Special Session 10: AI-Driven Curriculum Engineering: Intelligent Design, Learning Analytics, and Educational Quality Assurance


 Description 

Artificial intelligence is transforming education beyond tutoring systems and personalized learning by enabling the systematic design, evaluation, and continuous improvement of curricula and courses. Educational institutions increasingly require evidence-based approaches to ensure that curricula align with learning outcomes, industry needs, accreditation standards, and student success while maintaining high instructional quality.
This special session explores the emerging field of AI-driven curriculum engineering, where artificial intelligence, natural language processing, software engineering, learning analytics, and educational data mining are integrated to model, evaluate, and optimize educational ecosystems. The session welcomes research on intelligent methods for curriculum design, syllabus analysis, course quality evaluation, learning management system (LMS) analytics, competency mapping, instructional effectiveness, and automated educational quality assurance.
The session particularly encourages work that moves beyond traditional performance metrics such as student grades to develop comprehensive frameworks for understanding learning processes. Topics include semantic analysis of syllabi, curriculum alignment, assessment-content mapping, identification of course and curriculum bottlenecks, learning pathway optimization, educational knowledge graphs, explainable educational AI, and data-driven decision support for educators and administrators.
The objective is to bring together researchers, educators, instructional designers, AI scientists, software engineers, and educational technology practitioners to discuss innovative methodologies, intelligent tools, and practical applications that improve educational quality, learner success, and curriculum sustainability.

 Session Topics 

The topics of interest include, but are not limited to:
- AI for Curriculum Engineering
- Course Design and Instructional Quality
- Intelligent syllabus generation and evaluation
- Automated course quality assessment
- Learning Analytics and LMS Intelligence
- Educational Bottleneck Analysis
- Educational Software Engineering
- Assessment and Learning Alignment
- Explainable and Trustworthy Educational AI

 Submission Method 

Submit your Full Paper or your paper abstract-without publication (200-400 words) via Online Submission System, then choose Special Session 10 (AI-Driven Curriculum Engineering: Intelligent Design, Learning Analytics, and Educational Quality Assurance)

 Session Organizers 


Asst.
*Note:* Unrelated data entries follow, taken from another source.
-- ===== src/Prelude/Dict.antt =====
-- Python's `dict`, and a directory of files, with texts for keys. An update keeps the place.
use Prim.Native.String.{String}
use mathlib.Core.Path.{◌≡◌, refl, sym}
use mathlib.Core.Logic.{inl, inr}
use mathlib.Core.Option.{Option, none, some}
use mathlib.Core.List.{List, [], ◌∷◌, Memᴰ}
use native.Mathlib.Omega.{arith}
use text.Mathlib.TextEquality.{eq_iff}
use text.Mathlib.TextPositions.{eq_refl}
use oracle_patching.Prelude.Tests.{◌==◌, string_eq, if◌then◌else◌, Bool-cases}

module _ {ℓ} {V : Type ℓ} where
  -- `d.get(k)`
  unfoldable pub get : String → List (String × V) → Option V
  get k [] = none
  get k ((j, v) ∷ d) = if j == k then some v else get k d

  -- `d[k] = v`
  unfoldable pub put : String → V → List (String × V) → List (String × V)
  put k v [] = (k, v) ∷ []
  put k v ((j, w) ∷ d) = if j == k then (j, v) ∷ d else (j, w) ∷ put k v d

  unfoldable pub keys : List (String × V) → List String
  keys [] = []
  keys ((j, v) ∷ d) = j ∷ keys d

  pub get-put :
      (k j : String) (v : V) (d : List (String × V))
      → get j (put k v d) ≡ (if k == j then some v else get j d)
  unfolding get put
  get-put k j v [] = refl
  get-put k j v ((i, w) ∷ d) = ground (arith, eq_iff k j, eq_iff i k, eq_iff i j, get-put k j v d)

  pub get-nil : (k : String) → get k [] ≡ none
  unfolding get
  get-nil k = refl

  pub get-put_self : (k : String) (v : V) (d : List (String × V)) → get k (put k v d) ≡ some v
  get-put_self k v d = simp (get-put, eq_refl)

  pub mem-keys_of_get :
      (k : String) (v : V) (d : List (String × V)) → get k d ≡ some v → Memᴰ k (keys d)
  unfolding get keys
  mem-keys_of_get k v [] h = cc
  mem-keys_of_get k v ((j, w) ∷ d) h = elim (Bool-cases (j == k)) [
    | inl e ↦ Memᴰ.head (sym ((eq_iff j k).0 e))
    | inr n ↦ Memᴰ.tail (mem-keys_of_get k v d (ground arith))
  ]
Prof. Md Nour Hossain,
University at Albany, State University of New York, USA
 
Dr. Md Nour Hossain is an Assistant Professor in the Department of Information Sciences and Technology at the University at Albany, State University of New York (SUNY), where he directs the Kernel of Nexus (KofN) AI-Driven Innovation Center. His research focuses on artificial intelligence, educational data mining, learning analytics, natural language processing, software engineering, explainable AI, immersive learning technologies, and AI-driven educational systems. His work emphasizes designing intelligent frameworks that improve curriculum development, course quality, student success, and evidence-based educational decision making. Dr. Hossain has published extensively in AI, educational technology, software engineering, and learning sciences and actively collaborates with academia and industry on advancing trustworthy and impactful AI solutions for education.